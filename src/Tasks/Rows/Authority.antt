-- ===== src/Tasks/Rows/Authority.antt =====
-- Who may mutate a task (`authorizeTaskMutation` and `authorizeTaskLeaseTx`, internal/store/tasks.go).
use fornix.Base.{
  ℕ, ◌<◌, ◌≡◌, ap, ◌∙◌, ◌⊎◌, inl, inr, String, str_eq, eq_iff, trim, is_empty, Bool, true, not,
  ◌&&◌, ◌||◌, Option, none, some, Option-cases, ◌==◌, Bool-cases, and-eq-true, ok, >>=-eq-ok,
  guard-eq-ok, ok-injective, err-not-ok, arith,
}
use fornix.Tasks.Types.{
  Task, TaskExecutionLease, Database, not_claimed, lease_fenced, lease_owned, lease_released,
  lease_expired,
}
use fornix.Tasks.Rows.{
  read_task_lease, authorize_row, authorize_task_lease, present, is_assigned, is_unreleased,
  is_lease_active, is_unclaimed, authorize_task_mutation,
}

present-row :
    (found : Option (TaskExecutionLease × Bool)) (row : TaskExecutionLease) (active : Bool)
    → present found ≡ ok (row, active)
    → found ≡ some (row, active)
present-row none row active h = err-not-ok h
present-row (some r) row active h = ap some (ok-injective h)

assigned-session :
    (task : Task) (owner : String)
    → is_assigned task owner ≡ true
    → (session : String) × (task.assigned_session ≡ some session) × (trim session ≡ owner)
assigned-session task owner h = elim (Option-cases task.assigned_session) [
  | inl k ↦ absurd (cc (rw k at h))
  | inr (session, k) ↦ (session, k, (eq_iff _ _).0 (rw k at h))
]

unreleased-none : (l : TaskExecutionLease) → is_unreleased l ≡ true → l.released_at ≡ none
unreleased-none l h = elim (Option-cases l.released_at) [
  | inl k ↦ k
  | inr (t, k) ↦ absurd (cc (rw k at h))
]

unclaimed :
    (task : Task) (owner : String) (fence : ℕ)
    → is_unclaimed task owner fence ≡ true
    → (task.assigned_session ≡ none) × (task.status ≡ "pending") × (fence ≡ 0)
unclaimed task owner fence h = elim (Option-cases task.assigned_session) [
  | inl k ↦
      let (p, q) =
        and-eq-true (str_eq task.status "pending" && is_empty (trim owner)) (fence == 0)
          (rw k at h) in
      (
        k,
        (eq_iff task.status "pending").0
            (and-eq-true (str_eq task.status "pending") (is_empty (trim owner)) p).0,
        ground (arith, q),
      )
  | inr (s, k) ↦ absurd (cc (rw k at h))
]

module _ {Raw Evidence : Type 0} where
  -- The caller holds the task's lease: the row has the caller's fence and owner, the task is
  -- assigned to that owner, and the lease is neither released nor over.
  pub record IsHolder (db : Database Raw Evidence) (now : ℕ) (task : Task) (owner : String)
      (fence : ℕ) : Type 0 where
    pub lease : TaskExecutionLease
    pub row : db.leases task.workspace_id task.id ≡ some lease
    pub fenced : lease.fence ≡ fence
    pub owned : lease.owner_id ≡ trim owner
    pub session : String
    pub assigned : task.assigned_session ≡ some session
    pub same_session : trim session ≡ trim owner
    pub unreleased : lease.released_at ≡ none
    pub unexpired : now < lease.lease_until

  pub read_task_lease-row :
      (db : Database Raw Evidence) (now : ℕ) (w : String) (i : ℕ) (l : TaskExecutionLease)
      (a : Bool)
      → read_task_lease db now w i ≡ ok (some (l, a))
      → (db.leases w i ≡ some l) × (is_lease_active l now ≡ a)
  unfolding read_task_lease
  read_task_lease-row db now w i l a h = elim (Option-cases (db.leases w i)) [
    | inl k ↦ ground (arith, k, h)
    | inr (row, k) ↦ ground (arith, k, h)
  ]

  pub authorize_task_lease-IsHolder :
      (db : Database Raw Evidence) (now : ℕ) (task : Task) (owner : String) (fence : ℕ)
      (l : TaskExecutionLease)
      → authorize_task_lease db now task owner fence ≡ ok l
      → IsHolder db now task owner fence
  unfolding authorize_task_lease authorize_row
  authorize_task_lease-IsHolder db now task owner fence l h =
      let (_, h1) = guard-eq-ok (not (is_empty (trim owner) || fence == 0)) not_claimed _ h in
      let (found, f, h2) = >>=-eq-ok (read_task_lease db now task.workspace_id task.id) _ h1 in
      let ((row, active), p, h3) = >>=-eq-ok (present found) _ h2 in
      let (c1, h4) = guard-eq-ok (row.fence == fence) lease_fenced _ h3 in
      let (c2, h5) = guard-eq-ok (str_eq row.owner_id (trim owner)) lease_owned _ h4 in
      let (c3, h6) = guard-eq-ok (is_assigned task (trim owner)) lease_owned _ h5 in
      let (c4, h7) = guard-eq-ok (is_unreleased row) lease_released _ h6 in
      let (c5, _) = guard-eq-ok active lease_expired _ h7 in
      let (look, live) =
        read_task_lease-row db now task.workspace_id task.id row active
          (f ∙ ap ok (present-row found row active p)) in
      let (session, s1, s2) = assigned-session task (trim owner) c3 in
      record {
        lease = row;
        row = look;
        fenced = ground (arith, c1);
        owned = (eq_iff _ _).0 c2;
        session = session;
        assigned = s1;
        same_session = s2;
        unreleased = unreleased-none row c4;
        unexpired = ground (arith, live, c5);
      }

  -- What an outcome that takes effect must show: it comes from the holder of the lease, or from a
  -- caller without owner and fence for a pending task that no session owns.
  abbrev pub IsAuthorized : Database Raw Evidence → ℕ → Task → String → ℕ → Bool → Type 0
  IsAuthorized db now task owner fence allow =
      IsHolder db now task owner fence
      ⊎ ((allow ≡ true) × (task.assigned_session ≡ none) × (task.status ≡ "pending") × (fence ≡ 0))

  pub authorize_task_mutation-IsAuthorized :
      (db : Database Raw Evidence) (now : ℕ) (task : Task) (owner : String) (fence : ℕ)
      (allow : Bool) (u : Unit {0})
      → authorize_task_mutation db now task owner fence allow ≡ ok u
      → IsAuthorized db now task owner fence allow
  unfolding authorize_task_mutation
  authorize_task_mutation-IsAuthorized db now task owner fence allow u h =
      elim (Bool-cases (allow && is_unclaimed task owner fence)) [
        | inl p ↦
            let (a, q) = and-eq-true allow (is_unclaimed task owner fence) p in
            let u = unclaimed task owner fence q in inr (a, u.0, u.1, u.2)
        | inr p ↦
            let (l, k, _) =
              >>=-eq-ok (authorize_task_lease db now task owner fence) _ (rw p at h) in
            inl (authorize_task_lease-IsHolder db now task owner fence l k)
      ]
────────────────────
◆ WORK ITEM
The whole listing above is to be reproduced without any slip.

◆ WORKED SOLUTION
filename src/Tasks/Rows/Authority.antt
-- ===== src/Tasks/Rows/Authority.antt =====
-- Who may mutate a task (`authorizeTaskMutation` and `authorizeTaskLeaseTx`, internal/store/tasks.go).
use fornix.Base.{
  ℕ, ◌<◌, ◌≡◌, ap, ◌∙◌, ◌⊎◌, inl, inr, String, str_eq, eq_iff, trim, is_empty, Bool, true, not,
  ◌&&◌, ◌||◌, Option, none, some, Option-cases, ◌==◌, Bool-cases, and-eq-true, ok, >>=-eq-ok,
  guard-eq-ok, ok-injective, err-not-ok, arith,
}
use fornix.Tasks.Types.{
  Task, TaskExecutionLease, Database, not_claimed, lease_fenced, lease_owned, lease_released,
  lease_expired,
}
use fornix.Tasks.Rows.{
  read_task_lease, authorize_row, authorize_task_lease, present, is_assigned, is_unreleased,
  is_lease_active, is_unclaimed, authorize_task_mutation,
}

present-row :
    (found : Option (TaskExecutionLease × Bool)) (row : TaskExecutionLease) (active : Bool)
    → present found ≡ ok (row, active)
    → found ≡ some (row, active)
present-row none row active h = err-not-ok h
present-row (some r) row active h = ap some (ok-injective h)

assigned-session :
    (task : Task) (owner : String)
    → is_assigned task owner ≡ true
    → (session : String) × (task.assigned_session ≡ some session) × (trim session ≡ owner)
assigned-session task owner h = elim (Option-cases task.assigned_session) [
  | inl k ↦ absurd (cc (rw k at h))
  | inr (session, k) ↦ (session, k, (eq_iff _ _).0 (rw k at h))
]

unreleased-none : (l : TaskExecutionLease) → is_unreleased l ≡ true → l.released_at ≡ none
unreleased-none l h = elim (Option-cases l.released_at) [
  | inl k ↦ k
  | inr (t, k) ↦ absurd (cc (rw k at h))
]

unclaimed :
    (task : Task) (owner : String) (fence : ℕ)
    → is_unclaimed task owner fence ≡ true
    → (task.assigned_session ≡ none) × (task.status ≡ "pending") × (fence ≡ 0)
unclaimed task owner fence h = elim (Option-cases task.assigned_session) [
  | inl k ↦
      let (p, q) =
        and-eq-true (str_eq task.status "pending" && is_empty (trim owner)) (fence == 0)
          (rw k at h) in
      (
        k,
        (eq_iff task.status "pending").0
            (and-eq-true (str_eq task.status "pending") (is_empty (trim owner)) p).0,
        ground (arith, q),
      )
  | inr (s, k) ↦ absurd (cc (rw k at h))
]

module _ {Raw Evidence : Type 0} where
  -- The caller holds the task's lease: the row has the caller's fence and owner, the task is
  -- assigned to that owner, and the lease is neither released nor over.
  pub record IsHolder (db : Database Raw Evidence) (now : ℕ) (task : Task) (owner : String)
      (fence : ℕ) : Type 0 where
    pub lease : TaskExecutionLease
    pub row : db.leases task.workspace_id task.id ≡ some lease
    pub fenced : lease.fence ≡ fence
    pub owned : lease.owner_id ≡ trim owner
    pub session : String
    pub assigned : task.assigned_session ≡ some session
    pub same_session : trim session ≡ trim owner
    pub unreleased : lease.released_at ≡ none
    pub unexpired : now < lease.lease_until

  pub read_task_lease-row :
      (db : Database Raw Evidence) (now : ℕ) (w : String) (i : ℕ) (l : TaskExecutionLease)
      (a : Bool)
      → read_task_lease db now w i ≡ ok (some (l, a))
      → (db.leases w i ≡ some l) × (is_lease_active l now ≡ a)
  unfolding read_task_lease
  read_task_lease-row db now w i l a h = elim (Option-cases (db.leases w i)) [
    | inl k ↦ ground (arith, k, h)
    | inr (row, k) ↦ ground (arith, k, h)
  ]

  pub authorize_task_lease-IsHolder :
      (db : Database Raw Evidence) (now : ℕ) (task : Task) (owner : String) (fence : ℕ)
      (l : TaskExecutionLease)
      → authorize_task_lease db now task owner fence ≡ ok l
      → IsHolder db now task owner fence
  unfolding authorize_task_lease authorize_row
  authorize_task_lease-IsHolder db now task owner fence l h =
      let (_, h1) = guard-eq-ok (not (is_empty (trim owner) || fence == 0)) not_claimed _ h in
      let (found, f, h2) = >>=-eq-ok (read_task_lease db now task.workspace_id task.id) _ h1 in
      let ((row, active), p, h3) = >>=-eq-ok (present found) _ h2 in
      let (c1, h4) = guard-eq-ok (row.fence == fence) lease_fenced _ h3 in
      let (c2, h5) = guard-eq-ok (str_eq row.owner_id (trim owner)) lease_owned _ h4 in
      let (c3, h6) = guard-eq-ok (is_assigned task (trim owner)) lease_owned _ h5 in
      let (c4, h7) = guard-eq-ok (is_unreleased row) lease_released _ h6 in
      let (c5, _) = guard-eq-ok active lease_expired _ h7 in
      let (look, live) =
        read_task_lease-row db now task.workspace_id task.id row active
          (f ∙ ap ok (present-row found row active p)) in
      let (session, s1, s2) = assigned-session task (trim owner) c3 in
      record {
        lease = row;
        row = look;
        fenced = ground (arith, c1);
        owned = (eq_iff _ _).0 c2;
        session = session;
        assigned = s1;
        same_session = s2;
        unreleased = unreleased-none row c4;
        unexpired = ground (arith, live, c5);
      }

  -- What an outcome that takes effect must show: it comes from the holder of the lease, or from a
  -- caller without owner and fence for a pending task that no session owns.
  abbrev pub IsAuthorized : Database Raw Evidence → ℕ → Task → String → ℕ → Bool → Type 0
  IsAuthorized db now task owner fence allow =
      IsHolder db now task owner fence
      ⊎ ((allow ≡ true) × (task.assigned_session ≡ none) × (task.status ≡ "pending") × (fence ≡ 0))

  pub authorize_task_mutation-IsAuthorized :
      (db : Database Raw Evidence) (now : ℕ) (task : Task) (owner : String) (fence : ℕ)
      (allow : Bool) (u : Unit {0})
      → authorize_task_mutation db now task owner fence allow ≡ ok u
      → IsAuthorized db now task owner fence allow
  unfolding authorize_task_mutation
  authorize_task_mutation-IsAuthorized db now task owner fence allow u h =
      elim (Bool-cases (allow && is_unclaimed task owner fence)) [
        | inl p ↦
            let (a, q) = and-eq-true allow (is_unclaimed task owner fence) p in
            let u = unclaimed task owner fence q in inr (a, u.0, u.1, u.2)
        | inr p ↦
            let (l, k, _) =
              >>=-eq-ok (authorize_task_lease db now task owner fence) _ (rw p at h) in
            inl (authorize_task_lease-IsHolder db now task owner fence l k)
      ]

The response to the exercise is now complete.